**About this exercise**
Look through the records below and collect all lines that hold the string "antt".

**Stored data**
^^^^^^^^^^^^^^^^

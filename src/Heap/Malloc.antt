-- ===== src/Heap/Malloc.antt =====
-- `malloc` of src/libc/malloc.c: the bytes that it hands out.
use fat.Prelude.{
  ℕ, ◌+◌, ◌^◌, ◌<◌, ◌≤◌, ◌≡◌, ◌≢◌, Bool, Option, none, some, List, ◌==◌, arith, refl, ap, sym,
  subst, ◌∙◌, dec_lt, Bool-cases, Option-cases, inl, inr,
}
use fat.Heap.{
  Node, Heap, sbrk, alloc_node, first_fit, hand_out, malloc, round_up, brk_size, each_brk,
}
use fat.Heap.Blocks.{inside, holders, first_fit-Takes}
use fat.Heap.Grow.{Grew, sbrk-Grew, sbrk-fresh, alloc_node-MayGrow}
use fat.Heap.HandOut.{IsHeap, Spare, Allocated, hand_out-Allocated}

-- What `malloc` gave: the fault, NULL, or a block.
abbrev IsResult : ℕ → Heap → Option (ℕ × Heap) → Type 0
IsResult size h none = Unit {0}
IsResult size h (some (p, h')) = p ≢ 0 → Allocated size p h h'

hand_out-IsResult :
    (granted : ℕ → Bool) (size : ℕ) (node : Node) (h h1 : Heap)
    → h1._brk + 0x8000 < 2 ^ 64
    → size ≤ node.size
    → IsHeap h
    → Spare node h h1
    → IsResult size h (some (hand_out granted size node h1))
hand_out-IsResult granted size node h h1 room fits i s n =
    let (a, e) = hand_out-Allocated granted size node h h1 room fits i s n in
    subst (λ p. Allocated size p h (hand_out granted size node h1).1) (sym e) a

taken-Spare :
    (node : Node) (rest : List Node) (h : Heap)
    → IsHeap h
    → ((x : ℕ) → holders x h.m_free ≡ inside node.ptr node.size x + holders x rest)
    → Spare node h (record h { m_free = rest })
taken-Spare node rest h i t = record {
  same_busy = refl;
  up = omega arith;
  ends = λ x l. omega (arith, t x, i.below x l);
  once = λ x. omega (arith, t x, i.apart x);
  old = λ x l. sym (t x);
}

inside_before : (p n x : ℕ) → x < p → inside p n x ≡ 0
inside_before p n x l = ground (arith, l)

inside_after : (p n x : ℕ) → p + n ≤ x → inside p n x ≡ 0
inside_after p n x l = ground (arith, l)

inside_once : (p n x : ℕ) → inside p n x ≤ 1
inside_once p n x = ground arith

fresh-Spare :
    (granted : ℕ → Bool) (size : ℕ) (h h1 : Heap)
    → h1._brk + size < 2 ^ 64
    → IsHeap h
    → Grew 0x8000 h h1
    → (sbrk granted size h1).0 ≢ 0
    → Spare (record { ptr = (sbrk granted size h1).0; size = size }) h (sbrk granted size h1).1
fresh-Spare granted size h h1 room i g n =
    let r = sbrk granted size h1 in
    let (p, b) = sbrk-fresh granted size h1 room n in
    let g' = sbrk-Grew granted size h1 room in
    let free : (x : ℕ) → holders x r.1.m_free ≡ holders x h.m_free =
      λ x. ap (holders x) (g'.m_free ∙ g.m_free) in
    let busy : (x : ℕ) → holders x r.1.m_busy ≡ holders x h.m_busy =
      λ x. ap (holders x) (g'.m_busy ∙ g.m_busy) in
    record {
      same_busy = g'.m_busy ∙ g.m_busy;
      up = omega (arith, g.up, g'.up);
      ends = λ x l. omega (
        arith,
        inside_after r.0 size x (omega (arith, p, b, l)),
        free x,
        i.below x (omega (arith, g.up, b, l)),
      );
      once = λ x. elim (dec_lt x h._brk) [
        | yes l ↦
            omega (
              arith,
              inside_before r.0 size x (omega (arith, p, g.up, l)),
              free x,
              busy x,
              i.apart x,
            )
        | no l ↦ omega (arith, inside_once r.0 size x, free x, busy x, i.below x (omega (arith, l)))
      ];
      old = λ x l. omega (arith, inside_before r.0 size x (omega (arith, p, g.up, l)), free x);
    }

brk_size-fits : (size : ℕ) → (size ≤ brk_size size) × (brk_size size ≤ size + each_brk)
brk_size-fits size = ground arith

new_block-IsResult :
    (granted : ℕ → Bool) (size : ℕ) (h h1 : Heap)
    → h._brk + size + 0x20000 < 2 ^ 64
    → IsHeap h
    → Grew 0x8000 h h1
    → (sbrk granted (brk_size size) h1).0 ≢ 0
    → IsResult size h (
        some (
          hand_out granted size
            (record { ptr = (sbrk granted (brk_size size) h1).0; size = brk_size size })
            (sbrk granted (brk_size size) h1).1))
new_block-IsResult granted size h h1 room i g n =
    let (f, m) = brk_size-fits size in
    let fit : h1._brk + brk_size size < 2 ^ 64 = omega (arith, room, g.by, m) in
    let g' = sbrk-Grew granted (brk_size size) h1 fit in
    hand_out-IsResult granted size _ h _ (omega (arith, g'.by, g.by, m, room)) f i
      (fresh-Spare granted (brk_size size) h h1 fit i g n)

malloc-IsResult :
    (granted : ℕ → Bool) (bytes : ℕ) (h : Heap)
    → IsHeap h
    → h._brk + round_up bytes + 0x20000 < 2 ^ 64
    → IsResult (round_up bytes) h (malloc granted bytes h)
unfolding malloc
malloc-IsResult granted bytes h i room =
    let size = round_up bytes in
    let t = first_fit-Takes size h.m_free in
    elim (Option-cases (first_fit size h.m_free)) [
      | inr ((node, rest), e) ↦
          let (fits, b) = rw e at t in
          rw (malloc, e)
            (hand_out-IsResult granted size node h (record h { m_free = rest })
              (omega (arith, room)) fits i (taken-Spare node rest h i b))
      | inl e ↦
          rw (malloc, e)
            (elim (Option-cases (alloc_node granted h)) [
              | inl a ↦ rw a tt
              | inr (h1, a) ↦
                  let g = rw a at (alloc_node-MayGrow granted h (omega (arith, room))) in
                  rw a (elim (Bool-cases ((sbrk granted (brk_size size) h1).0 == 0)) [
                    | inl z ↦ rw z (λ n. absurd (n refl))
                    | inr z ↦
                        rw z (
                          new_block-IsResult granted size h h1 room i g (λ q. ground (arith, z, q)))
                  ])
            ])
    ]

-- When `malloc` returns an address that is not NULL, from a heap whose blocks are apart and below the
-- break, with room below 2 ^ 64: the block there, of the bytes asked for rounded up to 8, joins the
-- list of those in use at its end. Each of its bytes below the old break was free before and is not any more, no other
-- byte changes, and all blocks are apart and below the break again.
pub malloc-Allocated :
    (granted : ℕ → Bool) (bytes p : ℕ) (h h' : Heap)
    → IsHeap h
    → h._brk + round_up bytes + 0x20000 < 2 ^ 64
    → malloc granted bytes h ≡ some (p, h')
    → p ≢ 0
    → Allocated (round_up bytes) p h h'
malloc-Allocated granted bytes p h h' i room e n =
    (rw e at (malloc-IsResult granted bytes h i room)) n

^^^^^^^^^^^^^^^^

**Answer to the problem**
filename src/Heap/Malloc.antt
-- ===== src/Heap/Malloc.antt =====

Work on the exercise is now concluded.